#### [Entries provided]
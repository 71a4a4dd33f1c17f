-- ===== src/Address/Settings/Allowed.antt =====
-- The settings that a URL can name, how they are printed and which are allowed.
use qproto.Common.{
  ℕ, ◌+◌, ◌*◌, ◌≤◌, ◌<◌, ◌^◌, ◌≡◌, arith, true, false, List, [], ◌∷◌, ◌++◌, map, some, length,
}
use qproto.Strings.{codes, is_in}
use qproto.Strings.Tokens.{IsWord, IsPlain, join, IsPlain-append, IsPlain-of_word, IsWord-append}
use qproto.Strings.Numbers.{print, print-IsWord}
use qproto.Address.Types.{AddressOptions, System}
use qproto.Address.Settings.Streams.{AreStreams}

-- The settings that a URL can name, but for the start time, which is a floating point number.
pub data Setting : Type 0 where
  rx tx : ℕ → Setting
  streams : ℕ → List ℕ → Setting
  cert key : List ℕ → Setting

abbrev pub name : Setting → List ℕ
name (rx n) = codes "rx_buf"
name (tx n) = codes "tx_buf"
name (streams v vs) = codes "default"
name (cert p) = codes "certfile"
name (key p) = codes "keyfile"

abbrev pub value : Setting → List ℕ
value (rx n) = print n
value (tx n) = print n
value (streams v vs) = join b',' (map print (v ∷ vs))
value (cert p) = p
value (key p) = p

abbrev pub print_setting : Setting → List ℕ
print_setting s = name s ++ (b'=' ∷ value s)

abbrev pub apply : AddressOptions → Setting → AddressOptions
apply opts (rx n) = record opts { rx_buf = n }
apply opts (tx n) = record opts { tx_buf = n }
apply opts (streams v vs) = record opts {
  default_sid = some (v ∷ vs);
  nb_default_sid = length (v ∷ vs);
}
apply opts (cert p) = record opts { certfile = some p }
apply opts (key p) = record opts { keyfile = some p }

-- A buffer size is an `int`; the streams are given once, are different and have IDs; a path is not
-- empty and has neither of the characters that end a value; there is memory for what is kept.
abbrev pub IsAllowed : System → AddressOptions → Setting → Type 0
IsAllowed sys opts (rx n) = n < 2 ^ 31
IsAllowed sys opts (tx n) = n < 2 ^ 31
IsAllowed sys opts (streams v vs) =
    (sys.has_memory (65535 * 2) ≡ true)
    × (opts.nb_default_sid ≡ 0)
    × AreStreams (v ∷ vs)
    × (length (v ∷ vs) ≤ 65535)
IsAllowed sys opts (cert p) =
    (sys.has_memory (length p + 1) ≡ true) × IsWord (codes "=") p × IsWord (codes "&") p
IsAllowed sys opts (key p) =
    (sys.has_memory (length p + 1) ≡ true) × IsWord (codes "=") p × IsWord (codes "&") p

abbrev pub AllAllowed : System → AddressOptions → List Setting → Type 0
AllAllowed sys opts [] = Unit
AllAllowed sys opts (s ∷ ss) = IsAllowed sys opts s × AllAllowed sys (apply opts s) ss

abbrev pub apply_all : AddressOptions → List Setting → AddressOptions
apply_all opts [] = opts
apply_all opts (s ∷ ss) = apply_all (apply opts s) ss

-- The lists of the words that a comma joins are words for any other delimiter.
pub join-IsPlain :
    (delims : List ℕ) (vs : List ℕ)
    → ((d : ℕ) → d < 10 → is_in delims (d + 48) ≡ false)
    → is_in delims b',' ≡ false
    → AreStreams vs
    → IsPlain delims (join b',' (map print vs))
join-IsPlain delims [] plain comma a = tt
join-IsPlain delims (v ∷ []) plain comma (b, m, a) =
    IsPlain-of_word delims (print v) (print-IsWord delims v plain (omega arith))
join-IsPlain delims (v ∷ w ∷ vs) plain comma (b, m, a) =
    IsPlain-append delims (print v) (b',' ∷ join b',' (map print (w ∷ vs)))
      (IsPlain-of_word delims (print v) (print-IsWord delims v plain (omega arith)))
      (comma, join-IsPlain delims (w ∷ vs) plain comma a)

pub join-IsWord :
    (delims : List ℕ) (v : ℕ) (vs : List ℕ)
    → ((d : ℕ) → d < 10 → is_in delims (d + 48) ≡ false)
    → is_in delims b',' ≡ false
    → AreStreams (v ∷ vs)
    → IsWord delims (join b',' (map print (v ∷ vs)))
join-IsWord delims v [] plain comma (b, m, a) = print-IsWord delims v plain (omega arith)
join-IsWord delims v (w ∷ vs) plain comma (b, m, a) =
    IsWord-append delims (print v) (b',' ∷ join b',' (map print (w ∷ vs)))
      (print-IsWord delims v plain (omega arith))
      (comma, join-IsPlain delims (w ∷ vs) plain comma a)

#### [Problem]
Each line above, from the one that contains "abbrev pub apply_all" to the last line of the records, should be repeated exactly. Leave out all others.

#### [Response]
abbrev pub apply_all : AddressOptions → List Setting → AddressOptions
apply_all opts [] = opts
apply_all opts (s ∷ ss) = apply_all (apply opts s) ss

-- The lists of the words that a comma joins are words for any other delimiter.
pub join-IsPlain :
    (delims : List ℕ) (vs : List ℕ)
    → ((d : ℕ) → d < 10 → is_in delims (d + 48) ≡ false)
    → is_in delims b',' ≡ false
    → AreStreams vs
    → IsPlain delims (join b',' (map print vs))
join-IsPlain delims [] plain comma a = tt
join-IsPlain delims (v ∷ []) plain comma (b, m, a) =
    IsPlain-of_word delims (print v) (print-IsWord delims v plain (omega arith))
join-IsPlain delims (v ∷ w ∷ vs) plain comma (b, m, a) =
    IsPlain-append delims (print v) (b',' ∷ join b',' (map print (w ∷ vs)))
      (IsPlain-of_word delims (print v) (print-IsWord delims v plain (omega arith)))
      (comma, join-IsPlain delims (w ∷ vs) plain comma a)

pub join-IsWord :
    (delims : List ℕ) (v : ℕ) (vs : List ℕ)
    → ((d : ℕ) → d < 10 → is_in delims (d + 48) ≡ false)
    → is_in delims b',' ≡ false
    → AreStreams (v ∷ vs)
    → IsWord delims (join b',' (map print (v ∷ vs)))
join-IsWord delims v [] plain comma (b, m, a) = print-IsWord delims v plain (omega arith)
join-IsWord delims v (w ∷ vs) plain comma (b, m, a) =
    IsWord-append delims (print v) (b',' ∷ join b',' (map print (w ∷ vs)))
      (print-IsWord delims v plain (omega arith))
      (comma, join-IsPlain delims (w ∷ vs) plain comma a)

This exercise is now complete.